** YOUR INSTRUCTIONS **
Determine how many lines of the listing below include the string "ground". Output the number and nothing more.
═════ PROVIDED RECORDS
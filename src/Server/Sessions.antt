-- ===== src/Server/Sessions.antt =====
-- The map of sessions by account: Server::appendSession, removeSession, getSessions and
-- getSessionCount (src/server.cpp). A session is its pointer, a number.
use zway_server.Base.{
  ℕ, ◌≡◌, refl, Bool, true, false, ◌||◌, List, [], ◌∷◌, ◌++◌, Option, none, some, arith, ◌==◌,
  length, if◌then◌else◌,
}
use zway_server.OrderedMap.{OrderedMap, lookup, assign, erase, lookup-assign, lookup-erase}

abbrev pub or_nil : Option (List ℕ) → List ℕ
or_nil none = []
or_nil (some l) = l

-- `list::remove`: every entry of that pointer goes.
unfoldable pub remove_all : ℕ → List ℕ → List ℕ
remove_all q [] = []
remove_all q (x ∷ xs) = let rest = remove_all q xs in if x == q then rest else x ∷ rest

unfoldable pub append_session : ℕ → ℕ → OrderedMap (List ℕ) → OrderedMap (List ℕ)
append_session account q m = assign account (or_nil (lookup account m) ++ q ∷ []) m

-- A bucket that is emptied goes.
put_or_erase : ℕ → List ℕ → OrderedMap (List ℕ) → OrderedMap (List ℕ)
put_or_erase account [] m = erase account m
put_or_erase account (x ∷ xs) m = assign account (x ∷ xs) m

remove_found : ℕ → ℕ → Option (List ℕ) → OrderedMap (List ℕ) → OrderedMap (List ℕ)
unfolding put_or_erase remove_all
remove_found account q none m = m
remove_found account q (some l) m = put_or_erase account (remove_all q l) m

unfoldable pub remove_session : ℕ → ℕ → OrderedMap (List ℕ) → OrderedMap (List ℕ)
unfolding remove_found
remove_session account q m = remove_found account q (lookup account m) m

unfoldable pub get_sessions : ℕ → OrderedMap (List ℕ) → List ℕ
get_sessions account m = or_nil (lookup account m)

-- The number of accounts with a session.
unfoldable pub get_session_count : OrderedMap (List ℕ) → ℕ
get_session_count m = length m

unfoldable pub contains : ℕ → List ℕ → Bool
contains q [] = false
contains q (x ∷ xs) = x == q || contains q xs

pub contains-append :
    (q x : ℕ) (xs : List ℕ) → contains q (xs ++ x ∷ []) ≡ (x == q || contains q xs)
unfolding contains
contains-append q x [] = refl
contains-append q x (y ∷ xs) = ground (arith, contains-append q x xs)

pub contains-remove_all :
    (q x : ℕ) (xs : List ℕ)
    → contains q (remove_all x xs) ≡ (if x == q then false else contains q xs)
unfolding contains remove_all
contains-remove_all q x [] = ground arith
contains-remove_all q x (y ∷ xs) = ground (arith, contains-remove_all q x xs)

pub get_sessions-append :
    (k j q : ℕ) (m : OrderedMap (List ℕ))
    → get_sessions j (append_session k q m)
      ≡ (if k == j then get_sessions k m ++ q ∷ [] else get_sessions j m)
unfolding get_sessions append_session
get_sessions-append k j q m = ground (arith, lookup-assign k j (or_nil (lookup k m) ++ q ∷ []) m)

lookup-put_or_erase :
    (k j : ℕ) (l : List ℕ) (m : OrderedMap (List ℕ))
    → or_nil (lookup j (put_or_erase k l m)) ≡ (if k == j then l else or_nil (lookup j m))
unfolding put_or_erase
lookup-put_or_erase k j [] m = ground (arith, lookup-erase k j m)
lookup-put_or_erase k j (x ∷ xs) m = ground (arith, lookup-assign k j (x ∷ xs) m)

get_sessions-remove_found :
    (k j q : ℕ) (o : Option (List ℕ)) (m : OrderedMap (List ℕ))
    → lookup k m ≡ o
    → get_sessions j (remove_found k q o m)
      ≡ (if k == j then remove_all q (get_sessions k m) else get_sessions j m)
unfolding get_sessions remove_found remove_all
get_sessions-remove_found k j q none m h = ground arith
get_sessions-remove_found k j q (some l) m h =
    ground (arith, lookup-put_or_erase k j (remove_all q l) m)

pub get_sessions-remove :
    (k j q : ℕ) (m : OrderedMap (List ℕ))
    → get_sessions j (remove_session k q m)
      ≡ (if k == j then remove_all q (get_sessions k m) else get_sessions j m)
unfolding remove_session
get_sessions-remove k j q m = get_sessions-remove_found k j q (lookup k m) m refl

-- The map with the session moved from `a` to `b`.
abbrev pub moved : ℕ → ℕ → ℕ → OrderedMap (List ℕ) → OrderedMap (List ℕ)
moved a b me r = append_session b me (remove_session a me r)

pub contains-moved :
    (a b me k q : ℕ) (r : OrderedMap (List ℕ))
    → contains q (get_sessions k (moved a b me r)) ≡ true
    → (me == q) ≡ false
    → contains q (get_sessions k r) ≡ true
contains-moved a b me k q r m other = ground (
  arith,
  get_sessions-append b k me (remove_session a me r),
  contains-append q me (get_sessions b (remove_session a me r)),
  get_sessions-remove a k me r,
  get_sessions-remove a b me r,
  contains-remove_all q me (get_sessions a r),
)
══════════
** SOLVED EXERCISE **
9